The history of foundational AI breakthroughs has rarely been written by large institutions.

Transformers came from a small team at Google. The original GPT architecture came from a research lab smaller than many expected. The most consequential ideas in cognitive architecture have often emerged from focused groups working on specific bets, not from the largest organizations.

We are three founders working on a specific architectural direction, building AI systems that think and remember the way biological intelligence does as a path toward more genuinely intelligent machines. We've been building production AI systems for years. We've studied the cognitive science our work draws from. We have a working system in private alpha and an active research agenda.

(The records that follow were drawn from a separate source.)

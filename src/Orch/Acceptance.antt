-- ===== src/Orch/Acceptance.antt =====
-- internal/orch/verify.go: the mechanical check of an acceptance, and the containment of declared
-- outputs with `secureProjectPath` of internal/orch/task_paths.go. The reasons of rejections are
-- shortened: the output of a command and the names of paths are left out.
use Prim.Native.String.{◌++◌ as ◌<>◌}
use radioactive_ralph.Prelude.{
  String, Bool, true, false, not, ◌&&◌, ◌||◌, Option, none, some, List, [], ◌∷◌, map, if◌then◌else◌,
  find?, text_eq,
}
use radioactive_ralph.Paths.{is_rooted_slash, clean, is_rooted, contained_in}
use radioactive_ralph.Plan.{Plan, Step, TaskOutput, walk_groups}
use radioactive_ralph.Plan.Json.{Json}
use radioactive_ralph.Plan.Texts.{trim_space}
use radioactive_ralph.Plan.Parse.{Block, Parsed, parse}
use radioactive_ralph.Orch.Import.{Located, step_task_id}
use radioactive_ralph.Store.Schema.{Task, PlanRow, Db}

pub record Acceptance : Type 0 where
  pub command : String
  pub file_exists : String
  pub dir : String

-- `Evidence`, of which the check reads the output.
pub record Evidence : Type 0 where
  pub output : String
  pub json : String

-- What the check asks of the system and of libraries: the readers of JSON and Markdown, whether a
-- path exists, whether a command exits zero in a directory, `filepath.EvalSymlinks` and
-- `resolveThroughExistingAncestor`. The projects table is the list of recorded paths, and
-- `orch_session` the orchestrator's own session.
pub record System : Type 0 where
  pub unmarshal_acceptance : String → Option Acceptance
  pub read_metadata : String → Option (List Json)
  pub read_markdown : String → List Block
  pub stat : String → Bool
  pub exits_zero : (dir command : String) → Bool
  pub eval_symlinks : String → Option String
  pub resolve_existing : String → Option String
  pub project_paths : List (String × String)
  pub orch_session : String

pub data CheckResult : Type 0 where
  passed unreadable : CheckResult
  rejected : String → CheckResult

abbrev pub is_blank : String → Bool
is_blank s = text_eq (trim_space s) ""

-- `filepath.Join` of two elements
abbrev pub join_path : String → String → String
join_path a b =
    if text_eq a ""
    then (if text_eq b "" then "" else clean b)
    else (if text_eq b "" then clean a else clean (a <> ("/" <> b)))

unfoldable pub check_file_exists : System → (dir path : String) → Bool
check_file_exists w dir path =
    w.stat (if not (text_eq dir "") && not (is_rooted_slash path) then join_path dir path else path)

abbrev pub check_dir : Acceptance → String → String
check_dir a dir = if text_eq a.dir "" then dir else a.dir

-- The check of a readable acceptance: the file first, then the command.
abbrev pub check_acceptance : System → String → Acceptance → CheckResult
check_acceptance w dir a =
    if is_blank a.command && is_blank a.file_exists
    then rejected "explicit acceptance has no mechanical predicate"
    else (if text_eq a.file_exists "" || check_file_exists w (check_dir a dir) a.file_exists
        then (if text_eq a.command "" || w.exits_zero (check_dir a dir) a.command
            then passed
            else rejected "acceptance command failed")
        else rejected "acceptance file does not exist")

-- `mechanicalAcceptanceCheck`
unfoldable pub mechanical_acceptance_check : System → String → String → Evidence → CheckResult
mechanical_acceptance_check w dir acceptance ev =
    if is_blank acceptance
    then (if is_blank ev.output
        then rejected "no acceptance criterion and no evidence output"
        else passed)
    else elim (w.unmarshal_acceptance acceptance) [
      | none ↦ unreadable
      | some a ↦ check_acceptance w dir a
    ]

pub data Placed : Type 0 where
  inside escapes unresolvable : Placed

abbrev pub placed : Bool → Placed
placed true = inside
placed false = escapes

-- `secureProjectPath`
unfoldable pub secure_project_path : System → (root declared : String) → Placed
secure_project_path w root declared =
    if text_eq declared "" || is_rooted declared then escapes else elim (w.eval_symlinks root) [
      | none ↦ unresolvable
      | some resolved_root ↦ elim (w.resolve_existing (join_path resolved_root (clean declared))) [
        | none ↦ unresolvable
        | some resolved ↦ placed (contained_in resolved_root resolved)
      ]
    ]

-- `indexPlanSteps` at one id: a later step of the id replaces an earlier one.
unfoldable pub step_of_id : String → List Located → Option Step
step_of_id id [] = none
step_of_id id (x ∷ xs) = elim (step_of_id id xs) [
  | some s ↦ some s
  | none ↦ if text_eq (step_task_id x) id then some (x.1) else none
]

abbrev pub steps_of_parse : Parsed Plan → List Located
steps_of_parse (Parsed.ok p) = walk_groups p [] 0
steps_of_parse (Parsed.err e) = []

abbrev pub is_plan_row : String → PlanRow → Bool
is_plan_row plan p = text_eq p.id plan

-- `stepForTask`
unfoldable pub step_for_task : System → Task → Db → Option Step
step_for_task w t db = elim (find? (is_plan_row t.plan_id) db.plans) [
  | none ↦ none
  | some p ↦
      if text_eq p.source_markdown ""
      then none
      else step_of_id t.id
          (steps_of_parse (parse w.read_metadata (w.read_markdown p.source_markdown)))
]

-- The paths of `declFromMetadata`
abbrev pub output_paths : Option Step → List String
output_paths none = []
output_paths (some s) = elim s.metadata [
  | none ↦ []
  | some m ↦ map (λ (o : TaskOutput). o.path) m.outputs
]

-- The loop of `verifyTaskOutputContainment`: the first output that escapes, unless one before it
-- cannot be resolved.
unfoldable pub first_escape : System → String → List String → Option String
first_escape w root [] = none
first_escape w root (o ∷ os) = elim (secure_project_path w root o) [
  | inside ↦ first_escape w root os
  | escapes ↦ some o
  | unresolvable ↦ none
]

unfoldable pub verify_task_output_containment : System → Task → String → Db → Option String
verify_task_output_containment w t root db =
    first_escape w root (output_paths (step_for_task w t db))

-- `projectDirFor`: a project without a recorded path runs in ".".
abbrev pub project_path : List (String × String) → String → String
project_path [] project = "."
project_path ((k, v) ∷ rest) project =
    let later = project_path rest project in
    if text_eq k project then (if text_eq v "" then "." else v) else later

unfoldable pub project_dir_for : System → String → Db → Option String
project_dir_for w plan db = elim (find? (is_plan_row plan) db.plans) [
  | none ↦ none
  | some p ↦ some (project_path w.project_paths p.project_id)
]
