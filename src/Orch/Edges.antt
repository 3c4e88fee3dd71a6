-- ===== src/Orch/Edges.antt =====
-- The document-order edges of internal/orch/plan_import.go: leaf by leaf, their stateful walk, and
-- what they say about readiness and about cycles.
pub mod Leafwise
pub mod Walk
pub mod Readiness
pub mod Order
pub mod Backward
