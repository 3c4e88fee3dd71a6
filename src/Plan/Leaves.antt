-- ===== src/Plan/Leaves.antt =====
-- A plan as the sequence of its leaf groups, which is how the nested walks of
-- internal/plan/decompose.go read it.
use radioactive_ralph.Prelude.{
  ℕ, suc, ◌≡◌, refl, sym, ap, ◌∙◌, Bool, true, false, ◌&&◌, Option, none, List, [], ◌∷◌, ◌++◌, inl,
  inr, arith, Bool-cases, if◌then◌else◌,
}
use mathlib.Core.List.{append_assoc, append-nil}
use radioactive_ralph.Plan.{
  Group, group, Groups, nil, cons, Step, StepRef, DoneSet, Ready, no_groups, step_refs, walk_groups,
  walk_group, steps_done, group_done, groups_done, leaf_ready, decompose_groups, decompose_group,
}

pub record Leaf : Type 0 where
  pub parallel : Bool
  pub located : List (StepRef × Step)

unfoldable mutual
  pub leaves : Groups → List ℕ → ℕ → List Leaf
  leaves nil path i = []
  leaves (cons g gs) path i = leaves_of g (path ++ i ∷ []) ++ leaves gs path (suc i)

  pub leaves_of : Group → List ℕ → List Leaf
  leaves_of (group heading level parallel steps subs) path =
      let inner = leaves subs path 0 in
      if no_groups subs
      then record { parallel = parallel; located = step_refs path 0 steps } ∷ []
      else inner

abbrev pub all_located : List Leaf → List (StepRef × Step)
all_located [] = []
all_located (l ∷ ls) = l.located ++ all_located ls

abbrev pub leaves_done : DoneSet → List Leaf → Bool
leaves_done done [] = true
leaves_done done (l ∷ ls) = steps_done done l.located && leaves_done done ls

-- The first leaf that is not done.
abbrev pub first_open : DoneSet → List Leaf → Option Ready
first_open done [] = none
first_open done (l ∷ ls) =
    let rest = first_open done ls in
    if steps_done done l.located then rest else leaf_ready l.parallel l.located done

pub all_located-append :
    (ls ms : List Leaf) → all_located (ls ++ ms) ≡ all_located ls ++ all_located ms
all_located-append [] ms = refl
all_located-append (l ∷ ls) ms =
    ap (λ t. l.located ++ t) (all_located-append ls ms) ∙ sym (append_assoc l.located _ _)

leaves_done-append :
    (done : DoneSet) (ls ms : List Leaf)
    → leaves_done done (ls ++ ms) ≡ (leaves_done done ls && leaves_done done ms)
leaves_done-append done [] ms = refl
leaves_done-append done (l ∷ ls) ms = ground (arith, leaves_done-append done ls ms)

first_open-append :
    (done : DoneSet) (ls ms : List Leaf)
    → first_open done (ls ++ ms)
      ≡ (if leaves_done done ls then first_open done ms else first_open done ls)
first_open-append done [] ms = refl
first_open-append done (l ∷ ls) ms = elim (Bool-cases (steps_done done l.located)) [
  | inl e ↦ rw e (first_open-append done ls ms)
  | inr e ↦ rw e
]

mutual
  unfolding leaves walk_groups

  pub walk_groups-leaves :
      (gs : Groups) (path : List ℕ) (i : ℕ) → walk_groups gs path i ≡ all_located (leaves gs path i)
  walk_groups-leaves nil path i = refl
  walk_groups-leaves (cons g gs) path i =
      ap (λ t. t ++ walk_groups gs path (suc i)) (walk_group-leaves g (path ++ i ∷ []))
      ∙ ap (λ t. all_located (leaves_of g (path ++ i ∷ [])) ++ t)
          (walk_groups-leaves gs path (suc i))
      ∙ sym (all_located-append (leaves_of g (path ++ i ∷ [])) (leaves gs path (suc i)))

  walk_group-leaves :
      (g : Group) (path : List ℕ) → walk_group g path ≡ all_located (leaves_of g path)
  walk_group-leaves (group heading level parallel steps nil) path = sym (append-nil _)
  walk_group-leaves (group heading level parallel steps (cons g gs)) path =
      walk_groups-leaves (cons g gs) path 0

mutual
  unfolding leaves group_done

  pub groups_done-leaves :
      (gs : Groups) (path : List ℕ) (i : ℕ) (done : DoneSet)
      → groups_done gs path i done ≡ leaves_done done (leaves gs path i)
  groups_done-leaves nil path i done = refl
  groups_done-leaves (cons g gs) path i done = ground (
    arith,
    group_done-leaves g (path ++ i ∷ []) done,
    groups_done-leaves gs path (suc i) done,
    leaves_done-append done (leaves_of g (path ++ i ∷ [])) (leaves gs path (suc i)),
  )

  group_done-leaves :
      (g : Group) (path : List ℕ) (done : DoneSet)
      → group_done g path done ≡ leaves_done done (leaves_of g path)
  group_done-leaves (group heading level parallel steps nil) path done = ground arith
  group_done-leaves (group heading level parallel steps (cons g gs)) path done =
      groups_done-leaves (cons g gs) path 0 done

mutual
  unfolding leaves decompose_groups

  pub decompose_groups-leaves :
      (gs : Groups) (path : List ℕ) (i : ℕ) (done : DoneSet)
      → decompose_groups gs path i done ≡ first_open done (leaves gs path i)
  decompose_groups-leaves nil path i done = refl
  decompose_groups-leaves (cons g gs) path i done =
      rw
        (
          group_done-leaves g (path ++ i ∷ []) done,
          first_open-append done (leaves_of g (path ++ i ∷ [])) (leaves gs path (suc i)),
        )
        (elim (Bool-cases (leaves_done done (leaves_of g (path ++ i ∷ [])))) [
          | inl e ↦ rw e (decompose_groups-leaves gs path (suc i) done)
          | inr e ↦ rw e (decompose_group-leaves g (path ++ i ∷ []) done e)
        ])

  decompose_group-leaves :
      (g : Group) (path : List ℕ) (done : DoneSet)
      → leaves_done done (leaves_of g path) ≡ false
      → decompose_group g path done ≡ first_open done (leaves_of g path)
  decompose_group-leaves (group heading level parallel steps nil) path done h = ground arith
  decompose_group-leaves (group heading level parallel steps (cons g gs)) path done h =
      decompose_groups-leaves (cons g gs) path 0 done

Our small size is not a weakness. It's the reason we can move fast on a specific bet that larger labs aren't prioritizing. Anthropic and DeepMind are doing important work on frontier models. They are not the only labs that will shape the next decade of AI. The architectural layer above the model, meaning how AI represents, remembers, and reasons, is wide open. That's where we're working.

Judge the work. We expect to be measured against what we build, not who's building it.

We're working on cognitive architecture, which is one of several research directions that point toward more genuinely intelligent AI. Whether the result counts as AGI depends on definitions that the field hasn't settled.

What we're convinced of is that the current generation of AI, despite remarkable capabilities, is missing something fundamental. These systems generate impressive outputs but lack persistent memory, structured belief, temporal reasoning, and the kind of accumulated understanding that biological intelligence builds over time. They are powerful tools that don't yet think.

The question of what comes next has multiple serious answers. Some labs bet on scaling existing architectures further. Some bet on new training approaches. We bet on cognitive architecture, on building systems whose representations and reasoning processes mirror what we know about how minds actually work.

If that path leads to something the field eventually calls AGI, that would be a significant outcome. If it leads to something more useful but less universal, that's also fine. We're not optimizing for a label. We're working on the architectural questions that we think matter most for the next decade of AI capability.

The honest framing is that we're a research lab pursuing a specific bet about what intelligence requires. The outcome of that bet is what we'll be judged on, not the ambition of the framing.

A smart engineer working alone for six months could replicate the obvious parts of any system, including ours. That's true of almost everything in software. The question is whether what they replicate matches the depth of what exists.

The visible parts of Anant include vector storage, graph relationships, retrieval, and language model integration. A capable engineer could rebuild surface level versions of these in months.

The non obvious parts are what compound over time. How extraction handles ambiguity in real conversations. How belief states transition based on accumulated evidence. How consolidation balances merging similar memories with preserving useful distinctions. How retrieval ranks results when channels disagree. How deployment patterns work for institutional contexts. How the system handles the long tail of edge cases that appear in real usage.

These details came from building, deploying, testing, breaking, and rebuilding the system over time with real data. They aren't published in a paper. They aren't visible from the outside. They're the difference between something that demos well and something that works.

Our moat isn't a single algorithm or a patent. It's the accumulated depth of decisions, tradeoffs, and learnings that come from being focused on one thing for a long time. That depth keeps growing. Every month of operation adds to it. Every customer surfaces edge cases that improve the system. Every research direction we pursue compounds with what already exists.

If a competitor wants to replicate the system in six months, they'll get the visible parts. They'll spend years catching up to the rest, and by then we'll have moved further. That's how research labs build durable advantage.